What you return must be every line below that includes the word "each".

• **Supplied material**
**********

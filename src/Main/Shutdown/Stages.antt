-- ===== src/Main/Shutdown/Stages.antt =====
-- The steps of a call of `shutdown`, stage by stage.
use mathlib.Core.Path.{subst, sym}
use settlement_engine.Prelude.{ℕ, ◌≤◌, ◌≡◌, refl, true, false, Option, none, some, branch, arith}
use settlement_engine.Nonce.{NonceManager, destroy, release_lock}
use settlement_engine.Processor.Polling.Spacing.{OneAtATime}
use settlement_engine.Sweeper.Timer.{Timer, stops, stop_ends, stop_timer, each-One}
use settlement_engine.Main.Shutdown.{
  Engine, Stage, begins, sweep_awaited, at_processor, batch_awaited, farewell_awaited,
  at_nonce_manager, at_client, exited, failed, stop_sweeper, await_sweep, advance,
}
use settlement_engine.Main.Shutdown.Signals.{destroyed-goes_on, closed_client}
use settlement_engine.Main.Shutdown.Closing.{
  Closing, called, sweeping, polling, advancing, level, Watched, SweeperAt, Held, polling-Held,
  tick-Held,
}
use settlement_engine.Main.Shutdown.Halting.{later, rested, stop_processor-Held, await_batch-Held}

released_lock : (n : NonceManager) → (destroy n).1.lock_id ≡ none
unfolding destroy release_lock
released_lock n = ground arith

abbrev pub HeldAt : Stage × Engine → Type 0
HeldAt (s, e) = Held (level s) e

pub early_Held :
    (n : ℕ) (e : Engine)
    → n ≤ 2
    → OneAtATime e.polling
    → e.polling.is_running ≡ true
    → SweeperAt n e.sweeper
    → Held n e
early_Held n e l one on watched = record {
  one = one;
  watched = watched;
  on = λ _. on;
  halted = λ k. absurd (omega (arith, k, l));
  settled = λ k. absurd (omega (arith, k, l));
  said = λ k. absurd (omega (arith, k, l));
  released = λ k. absurd (omega (arith, k, l));
  closed = λ k. absurd (omega (arith, k, l));
}

stop_timer-Watched : (t : Timer) → Watched 0 t → Watched 1 (stop_timer t)
unfolding stop_timer
stop_timer-Watched t w = record {
  single = each-One t (stop_timer t) (stops t) w.single;
  on = λ e. absurd (omega (arith, e));
  off = λ l. ground (arith, w.on refl);
  over = λ l. absurd (omega (arith, l));
}

sweep_over-Watched :
    (t : Timer) → t.awaited ≡ false → Watched 1 t → Watched 2 (record t { stopping = false })
sweep_over-Watched t free w =
    let none_left : t.sweeps ≡ 0 = ground (arith, w.single.counted, free) in
    record {
      single = each-One t (record t { stopping = false }) (stop_ends t free) w.single;
      on = λ e. absurd (omega (arith, e));
      off = λ l. w.off (omega arith);
      over = λ l. none_left;
    }

stop_sweeper-Held :
    (e : Engine) (s : Option Timer)
    → e.sweeper ≡ s
    → Held 0 e
    → Held (level (stop_sweeper s e).0) (stop_sweeper s e).1
stop_sweeper-Held e none set h =
    early_Held 2 e (omega arith) h.one (h.on (omega arith)) (subst (SweeperAt 2) (sym set) tt)
stop_sweeper-Held e (some t) set h =
    let w : Watched 0 t = subst (SweeperAt 0) set h.watched in
    branch HeldAt t.is_running _ _
      (λ on.
        early_Held 1 (record e { sweeper = some (stop_timer t) }) (omega arith) h.one
          (h.on (omega arith)) (stop_timer-Watched t w))
      (λ off. absurd (ground (arith, off, w.on refl)))

await_sweep-Held :
    (e : Engine) (s : Option Timer)
    → e.sweeper ≡ s
    → Held 1 e
    → Held (level (await_sweep s e).0) (await_sweep s e).1
await_sweep-Held e none set h =
    early_Held 2 e (omega arith) h.one (h.on (omega arith)) (subst (SweeperAt 2) (sym set) tt)
await_sweep-Held e (some t) set h =
    let w : Watched 1 t = subst (SweeperAt 1) set h.watched in
    branch HeldAt t.awaited _ _ (λ busy. h)
      λ free.
        early_Held 2 (record e { sweeper = some (record t { stopping = false }) }) (omega arith)
          h.one (h.on (omega arith)) (sweep_over-Watched t free w)

advance-Held :
    (now : ℕ) (s : Stage) (e : Engine)
    → (s ≡ at_processor → e.polling.reads ≡ 0)
    → Held (level s) e
    → Held (level (advance now false s e).0) (advance now false s e).1
unfolding advance
advance-Held now begins e unread h = stop_sweeper-Held e e.sweeper refl h
advance-Held now sweep_awaited e unread h = await_sweep-Held e e.sweeper refl h
advance-Held now at_processor e unread h = stop_processor-Held now e h (unread refl)
advance-Held now batch_awaited e unread h = await_batch-Held now e h
advance-Held now farewell_awaited e unread h =
    rested e e.polling e.polling.farewell refl h.one
      (later 4 2 e.sweeper (omega arith) (omega arith) h.watched) (h.halted (omega arith))
      (h.settled (omega arith))
advance-Held now at_nonce_manager e unread h = rw (destroyed-goes_on e.nonce_manager e) (record {
  one = h.one;
  watched = later 5 6 e.sweeper (omega arith) (omega arith) h.watched;
  on = λ l. absurd (omega (arith, l));
  halted = λ l. h.halted (omega arith);
  settled = λ l. h.settled (omega arith);
  said = λ l. h.said (omega arith);
  released = λ l. released_lock e.nonce_manager;
  closed = λ l. absurd (omega (arith, l));
})
advance-Held now at_client e unread h = record {
  one = h.one;
  watched = later 6 7 e.sweeper (omega arith) (omega arith) h.watched;
  on = λ l. absurd (omega (arith, l));
  halted = λ l. h.halted (omega arith);
  settled = λ l. h.settled (omega arith);
  said = λ l. h.said (omega arith);
  released = λ l. h.released (omega arith);
  closed = λ l. closed_client e.clients;
}
advance-Held now exited e unread h = h
advance-Held now failed e unread h = h

pub run-Held : {first e : Engine} {s : Stage} → Closing first s e → Held 0 first → Held (level s) e
run-Held called h = h
run-Held (sweeping {s} e c set tick) h = tick-Held (level s) e set tick (run-Held c h)
run-Held (polling {s} e c step o) h = polling-Held (level s) e step o (run-Held c h)
run-Held (advancing s e now c unread) h = advance-Held now s e unread (run-Held c h)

**********

• **Completed exercise**
use settlement_engine.Sweeper.Timer.{Timer, stops, stop_ends, stop_timer, each-One}
  single = each-One t (stop_timer t) (stops t) w.single;
      single = each-One t (record t { stopping = false }) (stop_ends t free) w.single;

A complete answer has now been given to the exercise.